EMS worked alongside the National Security Technology and Innovation Exchange (NSTIx) to develop technology that can enable the sharing of data within a mesh of connected surveillance sensor nodes operating in difficult environments.
Sensors nodes are often deployed that do a variety of functions to collect data in uncontrolled environments, such as provide surveillance information.
The data collected could range from audio, video, radio-frequency, and countless other forms. Historically, a sensor node would be deployed, collect data as a single entity, and then be interpreted by a human either in real-time or at a later date.
However, with the rise of cheap low equity sensor nodes, there is the potential to deploy many more sensors in much more complex operational environments to gather significantly more data. Using the historical ways to collect data does not scale as it now becomes way too complex for a human to manage in the same way. By deploying ever increasing sensor node meshes, there is an opportunity to build intelligence into this system, with this Challenge focused on the secure transport of data within the sensor node mesh.

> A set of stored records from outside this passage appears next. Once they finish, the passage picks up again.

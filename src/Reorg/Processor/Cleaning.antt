-- ===== src/Reorg/Processor/Cleaning.antt =====
-- What a second attempt of internal/reorg/processor.go meets after the data of an event was cleaned.
use smart_scanner.Common.{
  ℕ, ◌≤◌, ◌<◌, String, ◌≡◌, ◌⊎◌, inl, inr, refl, sym, ap, ◌∙◌, Bool, false, arith, ok, is_ok,
  Outcome-cases,
}
use smart_scanner.Common.Actions.{Keeps}
use smart_scanner.Types.{Block, ReorgEvent}
use smart_scanner.Storage.{Storage}
use smart_scanner.Reorg.Detector.{World}
use smart_scanner.Reorg.Processor.Steps.{
  validate_fields, validate_event, clean_affected_data, reset_scanner_watermark,
}

-- What the storage documents about blocks found by hash: a deletion that succeeded leaves no block
-- of its range, and the logs are kept apart.
pub record HashLaws (st : Storage) : Type 0 where
  pub deleted :
      (c : String) (from to : ℕ) (s : st.State) (h : String) (b : Block)
      → (st.delete_blocks c from to s).0 ≡ ok tt
      → st.get_block_by_hash c h (st.delete_blocks c from to s).1 ≡ ok b
      → (b.number < from) ⊎ (to < b.number)
  pub logs_apart :
      (c : String) (from to : ℕ) (d h : String)
      → Keeps (st.get_block_by_hash d h) (st.delete_logs c from to)

module _ (st : Storage) (laws : HashLaws st) where
  reset-store :
      (locked : Bool) (now : ℕ) (event : ReorgEvent) (w : World st)
      → (reset_scanner_watermark st locked now event w).1.store ≡ w.store
  unfolding reset_scanner_watermark
  reset-store locked now event w = ground arith

  clean-store :
      (event : ReorgEvent) (w : World st) (u v : Unit {0})
      → let c = event.chain_id in
        let from = event.new_block_number in
        let to = event.old_block_number in
        let s = (st.delete_blocks c from to w.store).1 in
        (st.delete_blocks c from to w.store).0 ≡ ok u
        → (st.delete_logs c from to s).0 ≡ ok v
        → (clean_affected_data st event w).1.store ≡ (st.delete_logs c from to s).1
  unfolding clean_affected_data
  clean-store event w u v done cleaned = ground (arith, done, cleaned)

  -- The block's number is outside the deleted range.
  clean-outside :
      (event : ReorgEvent) (w : World st) (h : String) (b : Block)
      → (clean_affected_data st event w).0 ≡ ok tt
      → st.get_block_by_hash event.chain_id h (clean_affected_data st event w).1.store ≡ ok b
      → (b.number < event.new_block_number) ⊎ (event.old_block_number < b.number)
  unfolding clean_affected_data
  clean-outside event w h b =
      let c = event.chain_id in
      let from = event.new_block_number in
      let to = event.old_block_number in
      let s = (st.delete_blocks c from to w.store).1 in
      elim (Outcome-cases (st.delete_blocks c from to w.store).0) [
        | inr (e, failed) ↦ ground (arith, failed)
        | inl (u, done) ↦ elim (Outcome-cases (st.delete_logs c from to s).0) [
          | inr (e, failed) ↦ ground (arith, done, failed)
          | inl (v, cleaned) ↦ λ ok_tt found. laws.deleted c from to w.store h b done (
              sym (laws.logs_apart c from to c h s)
              ∙ ap (st.get_block_by_hash c h) (sym (clean-store event w u v done cleaned))
              ∙ found)
        ]
      ]

  store-invalid :
      (event : ReorgEvent) (w w' : World st)
      → event.new_block_number ≤ event.old_block_number
      → (clean_affected_data st event w).0 ≡ ok tt
      → w'.store ≡ (clean_affected_data st event w).1.store
      → is_ok (validate_event st event w').0 ≡ false
  unfolding validate_event
  store-invalid event w w' ordered done same =
      let c = event.chain_id in
      let h = event.new_block_hash in
      elim (Outcome-cases (validate_fields event)) [
        | inr (e, invalid) ↦ ground (arith, invalid)
        | inl (u, valid) ↦ elim (Outcome-cases (st.get_block_by_hash c h w'.store)) [
          | inr (e, missing) ↦ ground (arith, valid, missing)
          | inl (b, found) ↦
              let outside =
                clean-outside event w h b done (ap (st.get_block_by_hash c h) (sym same) ∙ found) in
              ground (arith, valid, found, outside)
        ]
      ]

  -- Where the storage meets its laws, once cleanAffectedData has succeeded for an event whose new
  -- block is not above its old one, the event does not pass validateEvent again, whether or not
  -- the watermark was reset.
  pub clean_affected_data-invalidates :
      (event : ReorgEvent) (w : World st) (locked : Bool) (now : ℕ)
      → event.new_block_number ≤ event.old_block_number
      → (clean_affected_data st event w).0 ≡ ok tt
      → let cleaned = (clean_affected_data st event w).1 in
        (is_ok (validate_event st event cleaned).0 ≡ false)
        × (is_ok (validate_event st event (reset_scanner_watermark st locked now event cleaned).1).0
            ≡ false)
  unfolding validate_event
  clean_affected_data-invalidates event w locked now ordered done =
      let cleaned = (clean_affected_data st event w).1 in
      (
        store-invalid event w cleaned ordered done refl,
        store-invalid event w (reset_scanner_watermark st locked now event cleaned).1 ordered done
            (reset-store locked now event cleaned),
      )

A related field that could be used for inspiration is a “smart” office environment. “Smart” offices of the future will look at occupancy usage, use sensor data to provide thermal comfort for the occupants, collect behavioural data to avoid occupational stress, adjust lighting and acoustics autonomously depending on the user preferences at that moment in time. This complex system could be used to increase the user experience, leading to a happier and more productive work force. It is clear however with this complexity in a sensor node mesh, the data collected and processed, and the then the autonomous adjusting of the physical environment (for example, thermostat change), that there needs some intelligence in the system in both the compute side but also the communication within the sensor node mesh.
What is the gap?
To be able to maximise an intelligent sensor node mesh, the Challenge focused on the communication and transport of data between the nodes. At present, when considering nodes used for surveillance, the current processes of a human monitoring a single node does not scale when aiming to use multiple nodes at varying locations. Therefore, to enable automation and efficient communication between multiple nodes, there is development required on the transport of data between the nodes.
At the centre of this gap is scalability, reliability, self-healing, interoperability between a variety of devices, raw data collection flows, device redundancy and mesh issues at scale.